**TASK PROMPT**
With "RoleType" as the search word, show every line of the material that has it.
------
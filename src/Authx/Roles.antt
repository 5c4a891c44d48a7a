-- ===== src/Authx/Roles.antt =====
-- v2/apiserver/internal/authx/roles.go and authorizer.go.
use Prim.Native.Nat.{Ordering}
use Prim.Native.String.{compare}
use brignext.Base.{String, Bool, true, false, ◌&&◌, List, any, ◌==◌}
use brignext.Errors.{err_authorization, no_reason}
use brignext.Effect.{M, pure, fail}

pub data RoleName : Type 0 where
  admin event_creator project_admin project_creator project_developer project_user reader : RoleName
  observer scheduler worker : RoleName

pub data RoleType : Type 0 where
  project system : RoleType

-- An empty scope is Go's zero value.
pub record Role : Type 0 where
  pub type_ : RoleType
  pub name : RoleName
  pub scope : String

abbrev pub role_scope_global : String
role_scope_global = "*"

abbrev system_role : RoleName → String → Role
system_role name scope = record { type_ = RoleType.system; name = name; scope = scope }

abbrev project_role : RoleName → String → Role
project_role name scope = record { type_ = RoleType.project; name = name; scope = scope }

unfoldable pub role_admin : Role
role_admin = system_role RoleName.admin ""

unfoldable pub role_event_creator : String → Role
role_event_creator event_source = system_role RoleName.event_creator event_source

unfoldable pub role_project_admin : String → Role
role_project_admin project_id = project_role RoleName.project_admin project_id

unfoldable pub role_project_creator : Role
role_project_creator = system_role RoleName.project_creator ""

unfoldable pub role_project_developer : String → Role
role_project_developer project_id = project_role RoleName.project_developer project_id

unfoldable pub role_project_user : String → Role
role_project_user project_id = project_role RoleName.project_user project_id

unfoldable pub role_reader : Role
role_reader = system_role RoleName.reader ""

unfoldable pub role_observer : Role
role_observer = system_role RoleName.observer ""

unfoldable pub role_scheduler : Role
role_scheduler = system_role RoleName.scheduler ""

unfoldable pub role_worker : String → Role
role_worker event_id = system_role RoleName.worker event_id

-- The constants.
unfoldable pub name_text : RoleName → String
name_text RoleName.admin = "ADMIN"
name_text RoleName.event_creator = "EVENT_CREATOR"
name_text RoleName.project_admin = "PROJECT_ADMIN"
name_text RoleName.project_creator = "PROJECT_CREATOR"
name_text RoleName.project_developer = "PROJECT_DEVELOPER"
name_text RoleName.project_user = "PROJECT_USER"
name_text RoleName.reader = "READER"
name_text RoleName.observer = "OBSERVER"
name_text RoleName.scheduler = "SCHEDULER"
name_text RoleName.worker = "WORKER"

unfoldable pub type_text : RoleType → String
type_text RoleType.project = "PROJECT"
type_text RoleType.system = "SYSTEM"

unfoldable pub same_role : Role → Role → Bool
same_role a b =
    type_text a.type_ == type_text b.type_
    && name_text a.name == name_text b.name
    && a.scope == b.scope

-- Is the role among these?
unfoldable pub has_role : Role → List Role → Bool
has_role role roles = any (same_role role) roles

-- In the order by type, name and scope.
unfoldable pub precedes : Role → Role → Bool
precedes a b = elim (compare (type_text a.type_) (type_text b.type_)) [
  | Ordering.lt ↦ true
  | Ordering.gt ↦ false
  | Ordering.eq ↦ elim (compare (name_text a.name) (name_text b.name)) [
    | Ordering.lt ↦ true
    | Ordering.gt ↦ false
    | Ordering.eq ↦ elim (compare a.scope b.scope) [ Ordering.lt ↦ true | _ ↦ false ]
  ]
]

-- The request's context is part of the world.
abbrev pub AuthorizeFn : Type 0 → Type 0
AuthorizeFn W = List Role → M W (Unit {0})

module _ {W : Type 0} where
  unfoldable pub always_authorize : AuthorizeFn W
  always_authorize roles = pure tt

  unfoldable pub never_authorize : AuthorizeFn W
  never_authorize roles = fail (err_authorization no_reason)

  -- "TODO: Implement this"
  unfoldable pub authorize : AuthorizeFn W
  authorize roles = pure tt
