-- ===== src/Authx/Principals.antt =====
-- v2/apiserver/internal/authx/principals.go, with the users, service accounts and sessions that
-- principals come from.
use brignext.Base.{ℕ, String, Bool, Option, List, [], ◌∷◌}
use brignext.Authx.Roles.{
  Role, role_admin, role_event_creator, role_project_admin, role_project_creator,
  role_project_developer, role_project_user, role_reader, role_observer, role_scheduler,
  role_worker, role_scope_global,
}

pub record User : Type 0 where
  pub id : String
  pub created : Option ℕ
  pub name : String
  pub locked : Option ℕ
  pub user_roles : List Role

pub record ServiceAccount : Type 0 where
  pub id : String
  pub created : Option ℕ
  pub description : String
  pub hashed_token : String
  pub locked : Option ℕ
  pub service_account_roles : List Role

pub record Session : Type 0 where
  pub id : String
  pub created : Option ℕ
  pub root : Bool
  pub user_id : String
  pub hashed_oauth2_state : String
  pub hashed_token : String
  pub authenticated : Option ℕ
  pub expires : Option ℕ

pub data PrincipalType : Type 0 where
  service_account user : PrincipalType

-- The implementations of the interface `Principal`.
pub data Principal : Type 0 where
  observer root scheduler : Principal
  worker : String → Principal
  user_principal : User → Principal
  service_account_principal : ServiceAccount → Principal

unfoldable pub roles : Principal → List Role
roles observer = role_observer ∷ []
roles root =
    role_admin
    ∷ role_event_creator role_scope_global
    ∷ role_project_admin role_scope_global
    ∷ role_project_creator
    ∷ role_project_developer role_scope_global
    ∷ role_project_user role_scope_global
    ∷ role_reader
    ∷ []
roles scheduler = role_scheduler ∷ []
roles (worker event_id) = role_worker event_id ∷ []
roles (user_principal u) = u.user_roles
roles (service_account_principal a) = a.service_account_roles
------
**FINISHED EXERCISE**
pub data RoleType : Type 0 where
  project system : RoleType
  pub type_ : RoleType
system_role name scope = record { type_ = RoleType.system; name = name; scope = scope }
project_role name scope = record { type_ = RoleType.project; name = name; scope = scope }
unfoldable pub type_text : RoleType → String
type_text RoleType.project = "PROJECT"
type_text RoleType.system = "SYSTEM"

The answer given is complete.